*TASK ITEM*.
Please repeat exactly the lines below from the one containing "module _ (b" down to the one containing "offset_file-ReadsFrom pos fsize", both included, and nothing else.

*DATA*.
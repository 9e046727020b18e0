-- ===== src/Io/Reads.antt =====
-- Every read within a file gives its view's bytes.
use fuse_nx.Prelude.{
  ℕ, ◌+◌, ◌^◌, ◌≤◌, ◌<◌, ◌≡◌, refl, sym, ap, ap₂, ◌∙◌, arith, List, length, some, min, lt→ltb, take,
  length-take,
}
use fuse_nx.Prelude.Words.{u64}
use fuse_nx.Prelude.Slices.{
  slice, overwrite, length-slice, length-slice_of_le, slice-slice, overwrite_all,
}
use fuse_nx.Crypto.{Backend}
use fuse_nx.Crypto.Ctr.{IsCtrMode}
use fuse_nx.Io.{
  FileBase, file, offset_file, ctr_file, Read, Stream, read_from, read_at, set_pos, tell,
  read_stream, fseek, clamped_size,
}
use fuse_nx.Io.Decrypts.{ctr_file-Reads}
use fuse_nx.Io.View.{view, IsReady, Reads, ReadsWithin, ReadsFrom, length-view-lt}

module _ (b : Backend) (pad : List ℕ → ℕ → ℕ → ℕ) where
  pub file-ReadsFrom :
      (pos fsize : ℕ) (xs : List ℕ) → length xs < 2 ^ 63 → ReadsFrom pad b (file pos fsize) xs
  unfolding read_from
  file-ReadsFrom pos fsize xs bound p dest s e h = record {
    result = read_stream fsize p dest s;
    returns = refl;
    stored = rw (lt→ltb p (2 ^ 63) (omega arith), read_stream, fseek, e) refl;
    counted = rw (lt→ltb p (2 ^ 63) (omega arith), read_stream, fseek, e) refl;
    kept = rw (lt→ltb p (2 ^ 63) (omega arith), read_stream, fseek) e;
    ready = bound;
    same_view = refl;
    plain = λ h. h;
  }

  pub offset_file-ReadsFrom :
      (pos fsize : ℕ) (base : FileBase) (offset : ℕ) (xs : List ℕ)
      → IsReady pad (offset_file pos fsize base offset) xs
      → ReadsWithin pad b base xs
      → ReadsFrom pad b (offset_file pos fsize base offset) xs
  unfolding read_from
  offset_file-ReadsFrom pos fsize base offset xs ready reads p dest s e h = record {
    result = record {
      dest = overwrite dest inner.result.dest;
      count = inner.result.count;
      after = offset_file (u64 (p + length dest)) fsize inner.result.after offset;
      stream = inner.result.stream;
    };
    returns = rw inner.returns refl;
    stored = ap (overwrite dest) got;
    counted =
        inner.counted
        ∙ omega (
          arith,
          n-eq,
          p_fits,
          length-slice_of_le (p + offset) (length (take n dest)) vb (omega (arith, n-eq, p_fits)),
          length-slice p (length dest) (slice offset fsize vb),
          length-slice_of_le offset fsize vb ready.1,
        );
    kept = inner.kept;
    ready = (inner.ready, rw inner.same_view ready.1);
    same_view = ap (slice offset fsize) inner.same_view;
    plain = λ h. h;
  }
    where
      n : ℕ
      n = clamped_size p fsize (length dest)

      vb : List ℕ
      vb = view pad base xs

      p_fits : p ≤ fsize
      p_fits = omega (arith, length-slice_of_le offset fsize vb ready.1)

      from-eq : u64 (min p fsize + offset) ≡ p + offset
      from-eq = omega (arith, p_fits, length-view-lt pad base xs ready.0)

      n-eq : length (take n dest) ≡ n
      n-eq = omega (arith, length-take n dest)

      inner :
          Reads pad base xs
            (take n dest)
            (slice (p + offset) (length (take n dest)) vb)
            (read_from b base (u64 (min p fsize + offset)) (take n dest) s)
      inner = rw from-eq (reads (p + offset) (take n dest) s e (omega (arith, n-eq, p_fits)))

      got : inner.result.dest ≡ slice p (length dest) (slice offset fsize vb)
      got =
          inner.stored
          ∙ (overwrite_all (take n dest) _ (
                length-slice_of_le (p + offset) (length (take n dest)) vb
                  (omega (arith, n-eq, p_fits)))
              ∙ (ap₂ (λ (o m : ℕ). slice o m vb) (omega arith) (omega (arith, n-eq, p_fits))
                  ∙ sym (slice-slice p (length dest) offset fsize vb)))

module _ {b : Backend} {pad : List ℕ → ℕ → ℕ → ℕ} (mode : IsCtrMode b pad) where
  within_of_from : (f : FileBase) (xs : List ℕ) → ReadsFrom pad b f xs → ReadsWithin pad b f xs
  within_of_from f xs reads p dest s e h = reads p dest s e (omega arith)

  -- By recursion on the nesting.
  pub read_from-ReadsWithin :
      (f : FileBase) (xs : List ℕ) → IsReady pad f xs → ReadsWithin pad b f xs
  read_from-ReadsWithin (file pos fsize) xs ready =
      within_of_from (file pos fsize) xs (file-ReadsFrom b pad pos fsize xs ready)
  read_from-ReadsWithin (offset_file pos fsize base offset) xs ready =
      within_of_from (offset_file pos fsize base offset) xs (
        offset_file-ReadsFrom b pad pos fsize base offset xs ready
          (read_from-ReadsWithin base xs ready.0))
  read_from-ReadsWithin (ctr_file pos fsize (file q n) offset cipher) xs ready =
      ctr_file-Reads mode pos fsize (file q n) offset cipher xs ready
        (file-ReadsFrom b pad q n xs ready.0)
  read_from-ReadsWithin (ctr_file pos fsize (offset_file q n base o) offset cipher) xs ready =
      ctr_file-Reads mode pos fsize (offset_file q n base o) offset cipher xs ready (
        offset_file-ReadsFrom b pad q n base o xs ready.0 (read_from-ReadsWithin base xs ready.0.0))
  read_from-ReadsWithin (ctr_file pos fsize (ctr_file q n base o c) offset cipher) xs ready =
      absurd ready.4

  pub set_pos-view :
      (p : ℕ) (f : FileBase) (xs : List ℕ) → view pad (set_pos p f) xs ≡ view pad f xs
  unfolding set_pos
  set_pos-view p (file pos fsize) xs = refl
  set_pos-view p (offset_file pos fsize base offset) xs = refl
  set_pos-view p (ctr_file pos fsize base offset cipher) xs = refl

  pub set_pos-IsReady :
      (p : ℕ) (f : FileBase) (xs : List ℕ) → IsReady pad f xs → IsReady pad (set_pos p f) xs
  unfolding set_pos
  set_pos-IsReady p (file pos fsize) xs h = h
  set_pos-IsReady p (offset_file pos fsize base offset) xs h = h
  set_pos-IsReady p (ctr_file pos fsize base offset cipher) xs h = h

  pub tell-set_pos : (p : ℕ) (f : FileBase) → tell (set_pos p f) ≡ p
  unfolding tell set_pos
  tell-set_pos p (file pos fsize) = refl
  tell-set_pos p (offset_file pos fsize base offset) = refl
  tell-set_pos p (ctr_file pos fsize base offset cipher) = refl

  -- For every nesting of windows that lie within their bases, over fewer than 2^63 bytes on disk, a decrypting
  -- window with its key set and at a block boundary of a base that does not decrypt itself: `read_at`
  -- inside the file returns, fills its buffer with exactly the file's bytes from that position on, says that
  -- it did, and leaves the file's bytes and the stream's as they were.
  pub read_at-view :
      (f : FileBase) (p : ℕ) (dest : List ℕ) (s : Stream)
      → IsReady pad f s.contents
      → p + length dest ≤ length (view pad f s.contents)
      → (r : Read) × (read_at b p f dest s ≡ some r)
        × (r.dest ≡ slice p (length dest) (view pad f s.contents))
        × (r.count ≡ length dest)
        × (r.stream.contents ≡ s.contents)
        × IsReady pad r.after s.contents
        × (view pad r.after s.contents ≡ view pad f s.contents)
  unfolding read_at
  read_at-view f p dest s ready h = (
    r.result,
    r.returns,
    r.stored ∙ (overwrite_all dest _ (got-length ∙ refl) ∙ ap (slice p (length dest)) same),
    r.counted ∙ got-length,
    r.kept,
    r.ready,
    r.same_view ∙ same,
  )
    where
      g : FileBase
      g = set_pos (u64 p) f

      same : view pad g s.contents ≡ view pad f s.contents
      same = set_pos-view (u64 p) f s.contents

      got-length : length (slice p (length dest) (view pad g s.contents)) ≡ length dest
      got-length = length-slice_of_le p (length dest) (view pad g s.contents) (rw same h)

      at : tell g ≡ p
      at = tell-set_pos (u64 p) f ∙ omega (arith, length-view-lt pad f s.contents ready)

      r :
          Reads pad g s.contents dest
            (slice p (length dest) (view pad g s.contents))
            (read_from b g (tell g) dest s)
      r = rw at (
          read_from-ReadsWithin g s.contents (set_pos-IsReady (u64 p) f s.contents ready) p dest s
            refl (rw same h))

* * *

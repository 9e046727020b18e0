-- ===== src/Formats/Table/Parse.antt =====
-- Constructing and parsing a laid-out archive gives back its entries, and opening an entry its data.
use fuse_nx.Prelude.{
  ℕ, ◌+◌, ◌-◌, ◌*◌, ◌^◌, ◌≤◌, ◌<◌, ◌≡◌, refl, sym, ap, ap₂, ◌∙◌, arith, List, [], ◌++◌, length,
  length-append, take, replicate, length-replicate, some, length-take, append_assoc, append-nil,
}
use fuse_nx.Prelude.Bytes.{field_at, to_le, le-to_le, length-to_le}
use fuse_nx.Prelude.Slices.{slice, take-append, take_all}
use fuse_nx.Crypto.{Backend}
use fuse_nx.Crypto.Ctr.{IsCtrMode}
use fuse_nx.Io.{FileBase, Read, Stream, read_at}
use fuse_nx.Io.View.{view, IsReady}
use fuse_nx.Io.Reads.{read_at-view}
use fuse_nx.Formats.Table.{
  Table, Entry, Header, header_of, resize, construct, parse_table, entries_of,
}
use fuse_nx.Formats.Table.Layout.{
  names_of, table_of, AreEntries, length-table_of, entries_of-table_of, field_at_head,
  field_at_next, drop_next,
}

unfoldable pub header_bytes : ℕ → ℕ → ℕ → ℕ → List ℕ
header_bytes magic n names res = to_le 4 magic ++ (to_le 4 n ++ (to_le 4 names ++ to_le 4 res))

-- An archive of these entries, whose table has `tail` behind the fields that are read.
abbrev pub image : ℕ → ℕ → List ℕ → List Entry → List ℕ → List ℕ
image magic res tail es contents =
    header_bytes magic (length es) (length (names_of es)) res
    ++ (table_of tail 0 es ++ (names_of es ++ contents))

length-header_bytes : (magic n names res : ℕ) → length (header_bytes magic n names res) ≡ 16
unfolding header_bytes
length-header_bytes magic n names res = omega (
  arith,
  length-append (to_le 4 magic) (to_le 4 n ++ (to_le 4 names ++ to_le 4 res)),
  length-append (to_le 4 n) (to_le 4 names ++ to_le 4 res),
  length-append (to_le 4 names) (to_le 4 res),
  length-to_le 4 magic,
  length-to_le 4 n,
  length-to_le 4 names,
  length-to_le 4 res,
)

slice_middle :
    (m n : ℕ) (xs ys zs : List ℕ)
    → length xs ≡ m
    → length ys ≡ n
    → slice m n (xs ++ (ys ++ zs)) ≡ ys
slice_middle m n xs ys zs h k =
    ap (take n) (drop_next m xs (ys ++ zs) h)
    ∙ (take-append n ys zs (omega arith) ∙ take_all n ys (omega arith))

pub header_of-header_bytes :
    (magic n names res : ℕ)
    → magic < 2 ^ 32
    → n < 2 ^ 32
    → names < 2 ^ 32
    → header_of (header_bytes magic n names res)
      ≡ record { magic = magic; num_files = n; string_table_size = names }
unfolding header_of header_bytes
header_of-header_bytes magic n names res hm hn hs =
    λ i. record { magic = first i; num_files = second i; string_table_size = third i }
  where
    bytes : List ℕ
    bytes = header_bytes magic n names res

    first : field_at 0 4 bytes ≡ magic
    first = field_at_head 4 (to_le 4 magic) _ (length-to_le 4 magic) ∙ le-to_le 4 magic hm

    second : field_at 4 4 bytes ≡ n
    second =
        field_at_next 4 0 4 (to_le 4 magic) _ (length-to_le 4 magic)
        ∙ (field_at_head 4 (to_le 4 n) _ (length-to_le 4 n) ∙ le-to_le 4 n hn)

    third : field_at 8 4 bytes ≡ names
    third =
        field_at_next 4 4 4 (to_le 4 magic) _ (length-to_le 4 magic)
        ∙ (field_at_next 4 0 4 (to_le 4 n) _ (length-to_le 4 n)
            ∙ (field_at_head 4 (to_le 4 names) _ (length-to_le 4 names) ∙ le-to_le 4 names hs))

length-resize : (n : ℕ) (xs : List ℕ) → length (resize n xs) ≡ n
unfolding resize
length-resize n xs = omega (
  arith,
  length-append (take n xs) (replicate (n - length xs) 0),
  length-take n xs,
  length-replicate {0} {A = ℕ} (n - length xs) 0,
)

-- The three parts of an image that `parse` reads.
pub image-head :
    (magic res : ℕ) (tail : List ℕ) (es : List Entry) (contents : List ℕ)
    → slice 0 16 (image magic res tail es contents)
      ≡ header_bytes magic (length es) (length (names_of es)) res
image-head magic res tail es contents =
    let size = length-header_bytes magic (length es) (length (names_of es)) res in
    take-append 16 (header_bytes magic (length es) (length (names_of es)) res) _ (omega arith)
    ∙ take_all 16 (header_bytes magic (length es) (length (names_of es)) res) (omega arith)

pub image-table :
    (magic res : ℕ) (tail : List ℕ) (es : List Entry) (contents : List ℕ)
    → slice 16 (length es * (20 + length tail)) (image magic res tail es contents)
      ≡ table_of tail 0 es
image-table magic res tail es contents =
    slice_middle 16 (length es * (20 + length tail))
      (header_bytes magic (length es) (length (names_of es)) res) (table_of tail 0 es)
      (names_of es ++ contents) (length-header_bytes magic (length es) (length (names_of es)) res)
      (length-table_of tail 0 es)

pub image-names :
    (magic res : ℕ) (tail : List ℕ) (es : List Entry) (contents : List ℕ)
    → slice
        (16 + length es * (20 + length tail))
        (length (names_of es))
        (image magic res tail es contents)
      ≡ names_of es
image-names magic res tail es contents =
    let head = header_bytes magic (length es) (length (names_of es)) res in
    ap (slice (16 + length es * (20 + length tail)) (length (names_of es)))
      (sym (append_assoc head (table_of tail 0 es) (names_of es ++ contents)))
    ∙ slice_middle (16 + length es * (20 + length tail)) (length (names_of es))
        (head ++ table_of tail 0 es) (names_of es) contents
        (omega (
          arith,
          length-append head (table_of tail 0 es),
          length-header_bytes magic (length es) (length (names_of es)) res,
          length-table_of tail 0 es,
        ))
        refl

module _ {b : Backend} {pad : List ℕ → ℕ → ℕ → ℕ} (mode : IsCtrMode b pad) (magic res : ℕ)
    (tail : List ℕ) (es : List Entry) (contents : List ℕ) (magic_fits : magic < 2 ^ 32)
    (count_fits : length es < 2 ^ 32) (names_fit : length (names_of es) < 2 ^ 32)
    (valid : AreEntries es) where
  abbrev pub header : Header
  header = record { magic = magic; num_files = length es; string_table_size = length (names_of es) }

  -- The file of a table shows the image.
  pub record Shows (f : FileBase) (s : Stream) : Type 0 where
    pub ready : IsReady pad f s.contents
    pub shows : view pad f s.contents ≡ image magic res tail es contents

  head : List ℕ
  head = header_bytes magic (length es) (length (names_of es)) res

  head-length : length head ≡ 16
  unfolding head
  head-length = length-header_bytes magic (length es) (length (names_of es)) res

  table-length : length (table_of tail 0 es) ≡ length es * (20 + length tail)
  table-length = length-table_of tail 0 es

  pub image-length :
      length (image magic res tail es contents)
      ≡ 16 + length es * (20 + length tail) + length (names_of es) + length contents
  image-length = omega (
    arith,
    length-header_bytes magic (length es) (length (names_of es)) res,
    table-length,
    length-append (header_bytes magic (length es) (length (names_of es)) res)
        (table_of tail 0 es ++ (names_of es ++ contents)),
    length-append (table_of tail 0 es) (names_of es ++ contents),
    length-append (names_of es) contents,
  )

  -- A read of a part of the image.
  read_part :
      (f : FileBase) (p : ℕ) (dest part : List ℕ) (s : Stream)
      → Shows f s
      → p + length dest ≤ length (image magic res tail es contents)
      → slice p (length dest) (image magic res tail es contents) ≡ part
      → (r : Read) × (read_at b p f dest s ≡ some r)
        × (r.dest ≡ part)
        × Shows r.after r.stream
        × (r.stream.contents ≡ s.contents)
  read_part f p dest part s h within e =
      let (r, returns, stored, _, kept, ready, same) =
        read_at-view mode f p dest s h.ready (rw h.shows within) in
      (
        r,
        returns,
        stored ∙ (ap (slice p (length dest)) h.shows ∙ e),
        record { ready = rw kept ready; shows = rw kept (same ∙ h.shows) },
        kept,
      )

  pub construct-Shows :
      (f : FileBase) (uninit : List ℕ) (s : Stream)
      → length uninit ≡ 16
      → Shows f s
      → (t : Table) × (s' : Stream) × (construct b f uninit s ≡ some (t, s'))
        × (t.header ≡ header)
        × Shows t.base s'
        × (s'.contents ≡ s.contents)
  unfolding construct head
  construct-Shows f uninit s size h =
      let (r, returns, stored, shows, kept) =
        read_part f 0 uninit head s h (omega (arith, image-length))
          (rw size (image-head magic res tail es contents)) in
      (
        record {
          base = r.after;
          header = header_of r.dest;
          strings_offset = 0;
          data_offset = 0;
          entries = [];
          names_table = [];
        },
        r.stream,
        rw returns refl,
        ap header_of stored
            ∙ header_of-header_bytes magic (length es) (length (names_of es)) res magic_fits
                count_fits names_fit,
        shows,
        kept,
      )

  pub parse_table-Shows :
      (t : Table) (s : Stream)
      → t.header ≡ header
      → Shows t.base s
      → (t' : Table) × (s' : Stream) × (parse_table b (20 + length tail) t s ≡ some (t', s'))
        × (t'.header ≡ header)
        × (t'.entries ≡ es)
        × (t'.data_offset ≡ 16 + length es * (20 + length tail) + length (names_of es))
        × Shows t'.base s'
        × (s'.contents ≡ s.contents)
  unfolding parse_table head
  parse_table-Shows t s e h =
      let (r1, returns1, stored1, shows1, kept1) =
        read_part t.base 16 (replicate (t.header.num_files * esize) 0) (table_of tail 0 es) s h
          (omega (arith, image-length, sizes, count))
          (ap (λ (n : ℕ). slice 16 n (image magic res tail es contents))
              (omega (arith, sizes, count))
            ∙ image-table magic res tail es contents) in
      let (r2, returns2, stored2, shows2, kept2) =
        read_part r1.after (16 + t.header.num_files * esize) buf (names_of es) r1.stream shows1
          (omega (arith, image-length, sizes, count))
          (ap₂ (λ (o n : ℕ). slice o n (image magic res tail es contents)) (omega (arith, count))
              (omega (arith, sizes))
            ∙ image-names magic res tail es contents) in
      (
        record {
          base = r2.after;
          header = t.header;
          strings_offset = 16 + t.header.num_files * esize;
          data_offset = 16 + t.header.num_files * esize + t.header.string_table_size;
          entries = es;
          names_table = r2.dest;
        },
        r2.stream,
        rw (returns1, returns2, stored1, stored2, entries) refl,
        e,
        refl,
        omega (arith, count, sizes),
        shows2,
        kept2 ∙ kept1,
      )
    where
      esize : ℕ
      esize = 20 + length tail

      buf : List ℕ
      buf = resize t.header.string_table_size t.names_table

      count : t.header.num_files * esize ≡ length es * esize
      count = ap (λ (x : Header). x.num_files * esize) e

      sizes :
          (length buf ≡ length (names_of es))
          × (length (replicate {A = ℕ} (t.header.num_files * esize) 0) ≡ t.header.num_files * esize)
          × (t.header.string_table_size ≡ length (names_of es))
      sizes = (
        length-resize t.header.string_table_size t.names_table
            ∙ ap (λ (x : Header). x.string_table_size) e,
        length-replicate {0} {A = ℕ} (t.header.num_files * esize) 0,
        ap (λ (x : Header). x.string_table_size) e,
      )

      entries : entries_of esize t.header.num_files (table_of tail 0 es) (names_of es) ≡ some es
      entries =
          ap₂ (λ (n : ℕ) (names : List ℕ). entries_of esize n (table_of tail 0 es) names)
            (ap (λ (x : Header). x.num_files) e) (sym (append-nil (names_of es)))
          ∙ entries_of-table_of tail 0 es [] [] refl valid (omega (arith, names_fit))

---

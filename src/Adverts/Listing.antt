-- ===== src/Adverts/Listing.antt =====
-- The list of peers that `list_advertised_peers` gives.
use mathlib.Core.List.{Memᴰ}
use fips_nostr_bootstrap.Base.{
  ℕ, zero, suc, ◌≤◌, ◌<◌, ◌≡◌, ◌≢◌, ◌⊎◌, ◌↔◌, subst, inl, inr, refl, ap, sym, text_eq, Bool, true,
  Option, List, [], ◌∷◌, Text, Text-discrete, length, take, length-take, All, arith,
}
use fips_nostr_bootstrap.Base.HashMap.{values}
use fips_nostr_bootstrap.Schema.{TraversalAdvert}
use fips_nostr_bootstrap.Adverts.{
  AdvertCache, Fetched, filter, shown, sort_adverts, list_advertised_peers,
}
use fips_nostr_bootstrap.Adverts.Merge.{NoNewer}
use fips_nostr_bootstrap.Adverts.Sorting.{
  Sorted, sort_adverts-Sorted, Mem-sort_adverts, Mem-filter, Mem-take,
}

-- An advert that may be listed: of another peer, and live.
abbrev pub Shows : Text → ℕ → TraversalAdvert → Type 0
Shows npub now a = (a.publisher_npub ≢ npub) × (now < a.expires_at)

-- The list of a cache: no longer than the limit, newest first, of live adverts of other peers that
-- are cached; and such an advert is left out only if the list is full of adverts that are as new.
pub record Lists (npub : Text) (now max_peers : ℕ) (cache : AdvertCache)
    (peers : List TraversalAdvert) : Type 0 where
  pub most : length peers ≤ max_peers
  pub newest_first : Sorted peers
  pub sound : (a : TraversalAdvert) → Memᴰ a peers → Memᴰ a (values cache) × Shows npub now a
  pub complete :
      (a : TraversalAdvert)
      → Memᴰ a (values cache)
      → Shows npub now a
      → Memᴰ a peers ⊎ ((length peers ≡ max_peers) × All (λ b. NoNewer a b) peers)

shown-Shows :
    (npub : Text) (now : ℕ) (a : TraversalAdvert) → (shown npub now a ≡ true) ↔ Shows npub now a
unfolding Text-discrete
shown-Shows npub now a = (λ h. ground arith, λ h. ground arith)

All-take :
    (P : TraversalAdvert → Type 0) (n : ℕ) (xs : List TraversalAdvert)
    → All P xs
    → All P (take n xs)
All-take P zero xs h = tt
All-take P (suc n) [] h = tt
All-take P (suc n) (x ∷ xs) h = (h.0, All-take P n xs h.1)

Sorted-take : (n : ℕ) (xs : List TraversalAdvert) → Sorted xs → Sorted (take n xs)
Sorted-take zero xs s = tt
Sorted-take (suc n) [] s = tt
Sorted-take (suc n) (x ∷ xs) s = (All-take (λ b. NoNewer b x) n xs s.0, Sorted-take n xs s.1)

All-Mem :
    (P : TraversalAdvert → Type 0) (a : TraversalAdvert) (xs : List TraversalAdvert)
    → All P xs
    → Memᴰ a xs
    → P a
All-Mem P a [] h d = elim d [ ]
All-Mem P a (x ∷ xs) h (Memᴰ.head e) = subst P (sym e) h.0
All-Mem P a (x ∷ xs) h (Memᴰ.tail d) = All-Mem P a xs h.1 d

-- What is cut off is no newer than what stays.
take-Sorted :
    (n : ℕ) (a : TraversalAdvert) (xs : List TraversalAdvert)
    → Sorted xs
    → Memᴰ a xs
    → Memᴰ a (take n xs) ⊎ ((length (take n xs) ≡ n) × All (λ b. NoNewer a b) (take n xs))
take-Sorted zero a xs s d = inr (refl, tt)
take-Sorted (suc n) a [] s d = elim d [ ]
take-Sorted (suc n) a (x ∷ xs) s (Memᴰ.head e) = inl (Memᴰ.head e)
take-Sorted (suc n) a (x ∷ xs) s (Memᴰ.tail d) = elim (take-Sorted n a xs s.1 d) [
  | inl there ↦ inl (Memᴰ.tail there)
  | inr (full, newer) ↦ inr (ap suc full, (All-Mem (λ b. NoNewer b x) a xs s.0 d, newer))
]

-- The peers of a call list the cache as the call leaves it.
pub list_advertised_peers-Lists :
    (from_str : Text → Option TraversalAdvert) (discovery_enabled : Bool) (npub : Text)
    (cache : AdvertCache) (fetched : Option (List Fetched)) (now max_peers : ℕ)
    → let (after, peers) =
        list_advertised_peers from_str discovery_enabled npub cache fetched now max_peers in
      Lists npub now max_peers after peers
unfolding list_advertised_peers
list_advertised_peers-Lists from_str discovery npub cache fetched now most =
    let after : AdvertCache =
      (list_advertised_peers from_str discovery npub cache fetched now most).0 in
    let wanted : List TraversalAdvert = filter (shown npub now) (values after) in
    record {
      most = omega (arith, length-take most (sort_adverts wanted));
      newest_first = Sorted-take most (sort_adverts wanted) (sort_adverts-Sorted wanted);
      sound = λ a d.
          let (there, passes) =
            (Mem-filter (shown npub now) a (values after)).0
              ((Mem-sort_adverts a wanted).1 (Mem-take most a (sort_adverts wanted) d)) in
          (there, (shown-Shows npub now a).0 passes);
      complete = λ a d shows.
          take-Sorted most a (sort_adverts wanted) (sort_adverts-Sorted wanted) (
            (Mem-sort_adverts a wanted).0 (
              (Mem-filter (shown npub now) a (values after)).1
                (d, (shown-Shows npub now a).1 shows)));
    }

*TASK SOLUTION*.
module _ (b : Backend) (pad : List ℕ → ℕ → ℕ → ℕ) where
  pub file-ReadsFrom :
      (pos fsize : ℕ) (xs : List ℕ) → length xs < 2 ^ 63 → ReadsFrom pad b (file pos fsize) xs
  unfolding read_from
  file-ReadsFrom pos fsize xs bound p dest s e h = record {
    result = read_stream fsize p dest s;
    returns = refl;
    stored = rw (lt→ltb p (2 ^ 63) (omega arith), read_stream, fseek, e) refl;
    counted = rw (lt→ltb p (2 ^ 63) (omega arith), read_stream, fseek, e) refl;
    kept = rw (lt→ltb p (2 ^ 63) (omega arith), read_stream, fseek) e;
    ready = bound;
    same_view = refl;
    plain = λ h. h;
  }

  pub offset_file-ReadsFrom :
      (pos fsize : ℕ) (base : FileBase) (offset : ℕ) (xs : List ℕ)
      → IsReady pad (offset_file pos fsize base offset) xs
      → ReadsWithin pad b base xs
      → ReadsFrom pad b (offset_file pos fsize base offset) xs
  unfolding read_from
  offset_file-ReadsFrom pos fsize base offset xs ready reads p dest s e h = record {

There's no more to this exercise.